# Wii Fit while pregnant



## Samo

I know a lot of you have a Wii Fit, so thought i'd ask...does anyone 'play' it while pregnant? We got it months ago but i was always nervous about getting on it, as it will just tell me i am getting fatter :rofl: and i was already so self conscious about the weight gain from pregnancy.

Anywho...today i figured what the heck...i'll jump on it, it'll be nice to see it say "you lost 20lbs!!!!" in a month or so when i have the baby :rofl:. 

I haven't talked to my OB about exercising...tbh she wants me on bed rest...but i've felt loads better the past month and have been off my feet more often than not.

Is there anything i should avoid doing while pregnant? I don't think i'll do a lot of the strength training exercises like pushups and those things...but what about the yoga poses? I'm scared to really streeeeeetch my body as i am not sure what a lot of stretching could do (if anything)? I'm sticking to doing the basic activities the Wii Fit has to offer but want to get an idea of what i should avoid!


----------



## Novbaby08

You know, I don't have a wii fit yet, but am planning to get one. But I have played Dance Dance Revolution my entire pregnancy, in fact I played it for a good half hour today. If you can play DDR I'm sure the wii fit would be fine.


----------



## Samo

Novbaby08 said:


> You know, I don't have a wii fit yet, but am planning to get one. But I have played Dance Dance Revolution my entire pregnancy, in fact I played it for a good half hour today. If you can play DDR I'm sure the wii fit would be fine.

oh nice! perhaps i can do some more of the aerobic things! :muaha:


----------



## Novbaby08

probably, as long as you've been staying in shape the whole time. Hell I do jumping jacks and go for walks and stuff. I can't do as much as before, but I can still get up and move around and my Dr said "If you can do it, more power to you" lol


----------



## princessellie

i play the wii fit but i dont do the yoga stuff, purely cos i havent done much of it before and i dont wanna mess myself up lol, i dont do the strength ones either, just the basic stuffs


----------



## LongRoadAhead

I havent got a Wii fit but Iv been doing my dance/aerobics dvd threw out pregnancy so far, Going to have to lay off it now though due to very painfull back and hips
But why not?! If you can manage doing it and it isnt too much jumping about then Im sure its good for you :)
Xxx


----------



## bumpity

hubbie hasn't let me near our Wii since finding out I was pg! He's a bit over protective bless his heart. Mind you - I enjoy playing tennis the best and get rather physical so probably best for me to steer clear......

if it's gentle then I don't see why not...


----------



## x-amy-x

I used wii fit while pregnant it was loads of fun. Didn't use it for a long time after the birth though as I had a section. It's great fun!


----------



## Lu28

I'd say maybe just check it with your doc if he had wanted you on bedrest but otherwise go for it - I've got one too but haven't used it - I'm also afraid of it telling me I've become a fat bugger and i don't want to see what my mini mii looks like seeing as the picture gets fatter too!!:rofl:


----------



## soup

we have one too although i have to say i haven't used it in ages! i wish they had a pregnant setting tho! it would be a great way of tracking weight gain and stuff and could suggest the excercises that r most suitable in pregnancy! and your mii could look pregnant instead of just fat!


----------



## Samo

soup said:


> we have one too although i have to say i haven't used it in ages! i wish they had a pregnant setting tho! it would be a great way of tracking weight gain and stuff and could suggest the excercises that r most suitable in pregnancy! and your mii could look pregnant instead of just fat!
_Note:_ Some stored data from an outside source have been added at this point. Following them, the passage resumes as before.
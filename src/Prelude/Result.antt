-- ===== src/Prelude/Result.antt =====
-- Results of code that reports an error, and `do` blocks over them.
use castle_plus.Prelude.{◌≡◌, refl, subst, ◌⊎◌, inl, inr, Bool, true, false, if◌then◌else◌}

pub data Result {ℓ} (E : Type 0) (A : Type ℓ) : Type ℓ where
  err : E → Result E A
  ok : A → Result E A

pub ok-injective {ℓ} :
    {E : Type 0} {A : Type ℓ} {a b : A} → ◌≡◌ {A = Result E A} (ok a) (ok b) → a ≡ b
ok-injective h = cc

module _ {ℓ κ} {E : Type 0} {A : Type ℓ} {B : Type κ} where
  infixl 5 ◌>>=◌
  abbrev pub ◌>>=◌ : Result E A → (A → Result E B) → Result E B
  err why >>= next = err why
  ok x >>= next = next x

  -- The first step of a `do` block that fails did, or the steps behind it did.
  pub bind-eq-err :
      (step : Result E A) (next : A → Result E B) {why : E}
      → (step >>= next) ≡ err why
      → (step ≡ err why) ⊎ ((x : A) × (step ≡ ok x) × (next x ≡ err why))
  bind-eq-err (err _) next h = inl cc
  bind-eq-err (ok x) next h = inr (x, refl, h)

  -- In a `do` block that succeeds, the first step did.
  pub bind-eq-ok :
      (step : Result E A) (next : A → Result E B) {y : B}
      → (step >>= next) ≡ ok y
      → (x : A) × (step ≡ ok x) × (next x ≡ ok y)
  bind-eq-ok (err _) next h = cc
  bind-eq-ok (ok x) next h = (x, refl, h)

-- What holds of the result of both branches holds of the result of the test.
pub if-eq-ok {ℓ κ} :
    {E : Type 0} {A : Type ℓ} (P : A → Type κ) (b : Bool) {m n : Result E A} {a : A}
    → (m ≡ ok a → P a)
    → (n ≡ ok a → P a)
    → (if b then m else n) ≡ ok a
    → P a
if-eq-ok P true f g h = f h
if-eq-ok P false f g h = g h

pub ok-eq-ok {ℓ κ} :
    {E : Type 0} {A : Type ℓ} (P : A → Type κ) {a b : A}
    → P a
    → ◌≡◌ {A = Result E A} (ok a) (ok b)
    → P b
ok-eq-ok P p h = subst P (ok-injective h) p

pub err-eq-ok {ℓ κ} :
    {E : Type 0} {A : Type ℓ} (P : A → Type κ) {e : E} {a : A}
    → ◌≡◌ {A = Result E A} (err e) (ok a)
    → P a
err-eq-ok P h = absurd cc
i was thinking the same thing! i wish there was a pregnancy setting! :blush:

Thanks for all the replies :D now i dont feel *too* bad about jumping on it! Just needed a bit of reassurance. I have to say though, after the light 15 min Wii exercise yesterday, my body felt great! The baby was also extremely active afterwards :baby: i think she had a good workout herself lol wondering what her mummy is doing and what was going on "out there." :rofl:


----------



## HeatherMC

what a great idea!! Looks like I'll be buying Wii fit this week (if my daughter lets me use 'her' Wii!!)


----------



## princessellie

i played on it lots today at OHs parents house :D

i beat lots of his brothers top scores haha...7 months preg and i am a better header than two lads haha, i got double the top score too lol, even with crappy balance

:D


----------



## Tiff

I played on it earlier but haven't touched it in months! My balance isn't that great though, and I don't think trying to step on/step off (for me) is a good idea right now.

All my doctor told me is that I have to follow the rule of thumb of being able to speak while exercising. If I can't talk due to wheezing/heavy breathing then I'm exerting myself too much. So long as you're not doing that, then you should be good!


----------



## KatienSam

i only really play the balance ones and the easy aerobics one! my sister and i both have a wii fit scoreboard and have to beat each other on scores, she cant beat mine at the moment so havent played in a while lol!

my mum is buying one for my dad for christmas so he can loose some weight and have a track record of it so then there will be 4 of us on the scoreboard!

my OH wont play it because it told him he was overweight lol!!!


----------



## princessellie

KatienSam said:


> my OH wont play it because it told him he was overweight lol!!!

aww bless him lol


----------



## HannahGraceee

I hate my wii fit with a passion, haven't been on it since i was pregnant so i decided to go my fitness test thing, ive gone from normall weight to obease! i was like OMG thanks!
LOL


----------



## cybermum

I so want a Wii fit :(


----------



## heather91

Ive played it, but since being pregnant my balance is really off and the yoga gives me cramp! It's a laugh though. x


----------



## supriseBump_x

I think the simple answer is that the little balance board is just going to yell at you.
That being said, he is how I am handling my pregnancy weight gain in Wii Fit:

-Set pregnancy weight goals at every three months (5 for the first, then 15 for each after) so that I can track a healthy gain. Ignore the board when he provides "a more healthy option for BMI," and just keep clicking. At least you can monitor your weight against a personal goal.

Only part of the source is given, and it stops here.